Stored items

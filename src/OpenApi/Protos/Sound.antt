-- ===== src/OpenApi/Protos/Sound.antt =====
-- The JSON that protojson gives a message is admitted by the schema of the message.
use grpc_composition.Common.{
  ◌≡◌, refl, sym, ap, ◌∙◌, inl, inr, false, ◌++◌, some, arith, Text, text_eq, Option-cases, length,
  lookup, Any,
}
use mathlib.Core.Bool.{false≢true}
use mathlib.Core.List.{append_cancel_left}
use grpc_composition.Host.{Host}
use grpc_composition.OpenApi.Schema.{Schema, no_properties, well_known_schema}
use grpc_composition.OpenApi.Components.{
  Schemas, ref_prefix, reference, Refs, PropertiesRefs, Resolves, IsClosed,
}
use grpc_composition.OpenApi.Components.Outcomes.{SchemaOk}
use grpc_composition.OpenApi.Json.{
  Json, Items, Members, no_items, item, no_members, member, null, boolean, integer, decimal, string,
  array, object, EachItem, EachMember, is_array, is_object, Admits, by_reference, by_keywords,
  no_keyword, each, all_members,
}
use grpc_composition.OpenApi.Protos.{Protoreflect}
use grpc_composition.OpenApi.Protos.Shapes.{ref_shape, field_name, add_shapes, message_shape}
use grpc_composition.OpenApi.Protos.Protojson.{FieldForm, Protojson}
use grpc_composition.OpenApi.Protos.Forms.{
  AdmitsMembers-unconstrained, well_known_form, ordinary_form,
}
use grpc_composition.OpenApi.Protos.Values.{
  MessageAdmits, FieldAdmits, AdmitsAll-values, AdmitsEach-values, AdmitsAll-fields,
  field_of_values,
}

abbrev members_of : Json → Members
members_of (object ms) = ms
members_of _ = no_members

abbrev items_of : Json → Items
items_of (array js) = js
items_of _ = no_items

entry_of_Resolves :
    (st : Schemas) (name : Text)
    → Resolves st (ref_prefix ++ name)
    → (s : Schema) × (lookup name st ≡ some s)
entry_of_Resolves st name (inl e) = absurd (omega (arith, ap length e))
entry_of_Resolves st name (inr (other, s, e, there)) =
    let same : name ≡ other = append_cancel_left ref_prefix name other e in (s, rw same there)

module _ {H : Host} (R : Protoreflect H) (opts : H.MarshalOptions) where
  module _ (P : Protojson R opts) (st : Schemas) (closed : IsClosed st)
      (origin : (md : R.MessageDescriptor) (s : Schema)
        → lookup (R.full_name md) st ≡ some s
        → s ≡ message_shape R opts md) where
    abbrev Both : Json → Type 0
    Both j = MessageAdmits R opts P st j × FieldAdmits R opts P st j

    -- A message that has no form of its own, from its members.
    message_of_members :
        (j : Json)
        → ((md : R.MessageDescriptor)
            → PropertiesRefs (Resolves st) (add_shapes R opts (R.fields md) no_properties)
            → (ms : Members) → j ≡ object ms
            → EachMember
                (λ k v.
                  Any
                    (λ fd.
                      (k ≡ field_name R opts fd)
                      × FieldForm R opts P.Encodes (R.is_map fd) (R.is_list fd) fd v)
                    (R.fields md))
                ms
            → Admits st (message_shape R opts md) j)
        → MessageAdmits R opts P st j
    unfolding Refs
    message_of_members j objects md c h = elim (Option-cases (well_known_schema (R.full_name md))) [
      | inr (s, known) ↦
          let (f, form, admits) = well_known_form st (R.full_name md) s known in
          rw known (admits j (P.form_lem md j f form h))
      | inl ordinary ↦
          let name = R.full_name md in
          let (ms, is, members) = P.members_lem md j (ordinary_form st name ordinary) h in
          let c' : SchemaOk st (reference name) = rw ordinary at c in
          let (s, there) = entry_of_Resolves st name c'.0 in
          let shape = origin md s there in
          let found : lookup name st ≡ some (message_shape R opts md) = rw (← shape) there in
          rw ordinary (
            by_reference name (message_shape R opts md) found
              (objects md (closed name (message_shape R opts md) found).2 ms is members))
    ]

    object-Admits : (ms : Members) → EachMember (λ k j. Both j) ms → Both (object ms)
    unfolding text_eq
    object-Admits ms each_admits =
        let m : MessageAdmits R opts P st (object ms) =
          message_of_members (object ms) (λ md c ms' is h. by_keywords refl tt no_keyword (
            all_members (
              AdmitsAll-fields R opts P st (R.fields md) ms (P.own_names md) each_admits c
                (rw (ap members_of is) h)))) in
        (
          m,
          field_of_values R opts P st (object ms) m
              (λ fd c ms' is h. by_keywords refl tt no_keyword (
                all_members
                  (AdmitsAll-values R opts P st fd ms each_admits c (rw (ap members_of is) h))))
              (λ fd c js is h. absurd (cc)),
        )

    array-Admits : (js : Items) → EachItem Both js → Both (array js)
    unfolding text_eq
    array-Admits js each_admits =
        let m : MessageAdmits R opts P st (array js) =
          message_of_members (array js) (λ md c ms is h. absurd (cc)) in
        (
          m,
          field_of_values R opts P st (array js) m (λ fd c ms is h. absurd (cc))
              (λ fd c js' is h.
                by_keywords refl tt
                  (each (AdmitsEach-values R opts P st fd js each_admits c (rw (ap items_of is) h)))
                  (AdmitsMembers-unconstrained st (array js))),
        )

    scalar-Admits : (j : Json) → is_object j ≡ false → is_array j ≡ false → Both j
    scalar-Admits j no_object not_list =
        let m : MessageAdmits R opts P st j =
          message_of_members j
            (λ md c ms is h. absurd (false≢true (sym no_object ∙ ap is_object is))) in
        (
          m,
          field_of_values R opts P st j m
              (λ fd c ms is h. absurd (false≢true (sym no_object ∙ ap is_object is)))
              (λ fd c js is h. absurd (false≢true (sym not_list ∙ ap is_array is))),
        )

    mutual
      value-Admits : (j : Json) → Both j
      value-Admits (object ms) = object-Admits ms (members-Admit ms)
      value-Admits (array js) = array-Admits js (items-Admit js)
      value-Admits null = scalar-Admits null refl refl
      value-Admits (boolean b) = scalar-Admits (boolean b) refl refl
      value-Admits (integer n) = scalar-Admits (integer n) refl refl
      value-Admits (decimal n) = scalar-Admits (decimal n) refl refl
      value-Admits (string s) = scalar-Admits (string s) refl refl

      items-Admit : (js : Items) → EachItem Both js
      items-Admit no_items = tt
      items-Admit (item j js) = (value-Admits j, items-Admit js)

      members-Admit : (ms : Members) → EachMember (λ k j. Both j) ms
      members-Admit no_members = tt
      members-Admit (member k j ms) = (value-Admits j, members-Admit ms)

    -- In a closed table whose entries are the schemas of their messages, the schema of a message
    -- admits the JSON that protojson gives it.
    pub message-Admits :
        (md : R.MessageDescriptor) (j : Json)
        → SchemaOk st (ref_shape R opts md)
        → P.Encodes md j
        → Admits st (ref_shape R opts md) j
    message-Admits md j c h = (value-Admits j).0 md c h
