-- ===== src/OpenApi/Generate/Sound.antt =====
-- The document admits what the routes answer: the JSON of proto responses and bodies.
use grpc_composition.Common.{
  ℕ, ◌≤◌, ◌≡◌, sym, ap, ◌∙◌, ◌≢◌, inl, inr, true, List, [], none, some, Text, lookup, All, Any,
}
use mathlib.Core.Option.{some-injective, some-ne-none}
use grpc_composition.Host.{Host}
use grpc_composition.Spec.{BodySpec, OperationInfo}
use grpc_composition.OpenApi.Items.{is_verb, documented, documented-add_operations}
use grpc_composition.OpenApi.Schema.{Schema, object_schema, no_properties}
use grpc_composition.OpenApi.Components.{Schemas}
use grpc_composition.OpenApi.Components.Ensures.{Extends}
use grpc_composition.OpenApi.Components.Outcomes.{SchemaOk}
use grpc_composition.OpenApi.Json.{Json, Admits}
use grpc_composition.OpenApi.Protos.{Protoreflect}
use grpc_composition.OpenApi.Protos.Shapes.{ref_shape, message_shape, add_shapes}
use grpc_composition.OpenApi.Protos.Protojson.{Protojson}
use grpc_composition.OpenApi.Protos.Sound.{message-Admits}
use grpc_composition.OpenApi.Dtos.{Reflection}
use grpc_composition.OpenApi.Dtos.Parts.{IsGrounded}
use grpc_composition.OpenApi.Generate.{Info, Operation, Document, generate}
use grpc_composition.OpenApi.Generate.References.{OperationOk, Says}
use grpc_composition.OpenApi.Generate.Matches.{route_of, Answers, all_verbs, Answers-last_some}
use grpc_composition.OpenApi.Generate.Runs.{enough}
use grpc_composition.OpenApi.Generate.Shown.{
  schema_of_body, schema_of_response, Made, Shows, generate_from-shown,
}
use grpc_composition.OpenApi.Generate.Resolved.{schemas_of, generate-components, generate-documents}
use grpc_composition.OpenApi.Generate.Entries.{
  SchemaOk-response, SchemaOk-body, Answers-some, generate-steps,
}

module _ {H : Host} (R : Protoreflect H) (T : Reflection H) (opts : H.MarshalOptions)
    (P : Protojson R opts)
    (one_message : (md md' : R.MessageDescriptor)
      → R.full_name md ≡ R.full_name md'
      → R.fields md ≡ R.fields md')
    (apart : (t : H.GoType) (md : R.MessageDescriptor) → T.type_text t ≢ R.full_name md) where
  -- In a table that the generator has filled, the entry of a message is its schema.
  origin_of_Extends :
      (st : Schemas)
      → Extends (Made R T opts) [] st
      → (md : R.MessageDescriptor) (s : Schema) → lookup (R.full_name md) st ≡ some s
      → s ≡ message_shape R opts md
  unfolding lookup
  origin_of_Extends st grows md s there = elim (grows (R.full_name md) s there) [
    | inl before ↦ absurd (some-ne-none s (sym before))
    | inr (inl (md', named, shape)) ↦
        shape
        ∙ ap (λ fds. object_schema (add_shapes R opts fds no_properties))
            (sym (one_message md md' named))
    | inr (inr (t, named)) ↦ absurd (apart t md (sym named))
  ]

  module _ (names : List Text) (top : ℕ) (g : IsGrounded T names top)
      (listed : (md : R.MessageDescriptor) → Any (λ n. n ≡ R.full_name md) names) (fuel : ℕ)
      (room : enough names top ≤ fuel) (ops : List (OperationInfo H)) (title : Info)
      (doc : Document) (returned : generate R T fuel ops title ≡ some doc)
      (plain : All (λ (op : OperationInfo H). op.marshal ≡ opts) ops)
      (known : All (λ (op : OperationInfo H). is_verb op.method ≡ true) ops) where
    shown :
        (path method : Text)
        → Answers (Shows R T opts) (route_of path method ops) (documented doc.paths path method)
    shown path method =
        let (paths, ran, same) = generate-steps R T fuel ops title doc returned in
        let (gen, is, all) =
          ((generate_from-shown R T opts fuel ops [] plain).ensured [] (paths, schemas_of doc)
            ran).1 in
        rw
          (
            same,
            is,
            documented-add_operations gen path method
                (all_verbs (Shows R T opts) ops gen all known),
          )
          (Answers-last_some (Shows R T opts) ops gen path method all)

    entries :
        (md : R.MessageDescriptor) (s : Schema)
        → lookup (R.full_name md) (schemas_of doc) ≡ some s
        → s ≡ message_shape R opts md
    entries =
        let (paths, ran, same) = generate-steps R T fuel ops title doc returned in
        origin_of_Extends (schemas_of doc)
          ((generate_from-shown R T opts fuel ops [] plain).ensured [] (paths, schemas_of doc)
            ran).0

    admits :
        (md : R.MessageDescriptor) (j : Json)
        → SchemaOk (schemas_of doc) (ref_shape R opts md)
        → P.Encodes md j
        → Admits (schemas_of doc) (ref_shape R opts md) j
    admits =
        message-Admits R opts P (schemas_of doc)
          (λ name s.
            generate-components R T names top g listed fuel room ops title doc name s returned)
          entries

    -- The operation of a route says what the route says, and shows its messages.
    answered :
        (path method : Text) (info : OperationInfo H)
        → route_of path method ops ≡ some info
        → (o : Operation) × (documented doc.paths path method ≡ some o)
          × OperationOk (schemas_of doc) o
          × Shows R T opts info o
    answered path method info routed =
        let (o, there, says) =
          Answers-some (Says (schemas_of doc)) info (documented doc.paths path method) (
            rw routed at (
              generate-documents R T names top g listed fuel room ops title doc path method returned
                known)) in
        let (o', there', shows) =
          Answers-some (Shows R T opts) info (documented doc.paths path method)
            (rw routed at (shown path method)) in
        (o, there, says.1, rw (some-injective o o' (sym there ∙ there')) shows)

    -- A document that `Generate` returned admits what a route answers: where the last route for a path
    -- and a method has a proto response and no DTO, the document's schema of the response for the
    -- success status admits each JSON that protojson is documented to give a message of this response
    -- (`Encodes`: floats finite, enum values declared and not NullValue, no extensions, unpopulated
    -- fields left out). All routes have the same marshal options and one of the five methods, a full
    -- name stands for one list of fields, no Go type has the text of a message's full name, names and
    -- ranks are bounded and there is enough fuel.
    pub generate-response :
        (path method : Text) (info : OperationInfo H) (m : H.Message) (j : Json)
        → route_of path method ops ≡ some info
        → info.response_dto ≡ none
        → info.response_proto ≡ some m
        → P.Encodes (R.descriptor m) j
        → (o : Operation) × (s : Schema) × (documented doc.paths path method ≡ some o)
          × (schema_of_response info.success_status o ≡ some s)
          × Admits (schemas_of doc) s j
    generate-response path method info m j routed no_dto proto h =
        let (o, there, o_ok, shows) = answered path method info routed in
        let is = shows.response_shown m no_dto proto in
        let ok =
          SchemaOk-response (schemas_of doc) info.success_status o
            (ref_shape R opts (R.descriptor m)) o_ok is in
        (o, ref_shape R opts (R.descriptor m), there, is, admits (R.descriptor m) j ok h)

    -- A document that `Generate` returned admits the bodies of a route: where the last route for a
    -- path and a method has a proto body, the document's schema of the body admits each JSON that
    -- protojson is documented to give a message of this type (`Encodes`: floats finite, enum values
    -- declared and not NullValue, no extensions, unpopulated fields left out). All routes have the same
    -- marshal options and one of the five methods, a full name stands for one list of fields, no Go
    -- type has the text of a message's full name, names and ranks are bounded and there is enough fuel.
    pub generate-body :
        (path method : Text) (info : OperationInfo H) (body : BodySpec H) (m : H.Message) (j : Json)
        → route_of path method ops ≡ some info
        → info.body ≡ some body
        → body.proto ≡ some m
        → P.Encodes (R.descriptor m) j
        → (o : Operation) × (s : Schema) × (documented doc.paths path method ≡ some o)
          × (schema_of_body o ≡ some s)
          × Admits (schemas_of doc) s j
    generate-body path method info body m j routed bound proto h =
        let (o, there, o_ok, shows) = answered path method info routed in
        let is = shows.body_shown body m bound proto in
        let ok = SchemaOk-body (schemas_of doc) o (ref_shape R opts (R.descriptor m)) o_ok is in
        (o, ref_shape R opts (R.descriptor m), there, is, admits (R.descriptor m) j ok h)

▸ Exercise goal
Print only these lines, please. They run from the start of the entries above to the line containing "let same : name", both ends included, and must match exactly.

▸ Written solution
filename src/OpenApi/Protos/Sound.antt
-- ===== src/OpenApi/Protos/Sound.antt =====
-- The JSON that protojson gives a message is admitted by the schema of the message.
use grpc_composition.Common.{
  ◌≡◌, refl, sym, ap, ◌∙◌, inl, inr, false, ◌++◌, some, arith, Text, text_eq, Option-cases, length,
  lookup, Any,
}
use mathlib.Core.Bool.{false≢true}
use mathlib.Core.List.{append_cancel_left}
use grpc_composition.Host.{Host}
use grpc_composition.OpenApi.Schema.{Schema, no_properties, well_known_schema}
use grpc_composition.OpenApi.Components.{
  Schemas, ref_prefix, reference, Refs, PropertiesRefs, Resolves, IsClosed,
}
use grpc_composition.OpenApi.Components.Outcomes.{SchemaOk}
use grpc_composition.OpenApi.Json.{
  Json, Items, Members, no_items, item, no_members, member, null, boolean, integer, decimal, string,
  array, object, EachItem, EachMember, is_array, is_object, Admits, by_reference, by_keywords,
  no_keyword, each, all_members,
}
use grpc_composition.OpenApi.Protos.{Protoreflect}
use grpc_composition.OpenApi.Protos.Shapes.{ref_shape, field_name, add_shapes, message_shape}
use grpc_composition.OpenApi.Protos.Protojson.{FieldForm, Protojson}
use grpc_composition.OpenApi.Protos.Forms.{
  AdmitsMembers-unconstrained, well_known_form, ordinary_form,
}
use grpc_composition.OpenApi.Protos.Values.{
  MessageAdmits, FieldAdmits, AdmitsAll-values, AdmitsEach-values, AdmitsAll-fields,
  field_of_values,
}

abbrev members_of : Json → Members
members_of (object ms) = ms
members_of _ = no_members

abbrev items_of : Json → Items
items_of (array js) = js
items_of _ = no_items

entry_of_Resolves :
    (st : Schemas) (name : Text)
    → Resolves st (ref_prefix ++ name)
    → (s : Schema) × (lookup name st ≡ some s)
entry_of_Resolves st name (inl e) = absurd (omega (arith, ap length e))
entry_of_Resolves st name (inr (other, s, e, there)) =
    let same : name ≡ other = append_cancel_left ref_prefix name other e in (s, rw same there)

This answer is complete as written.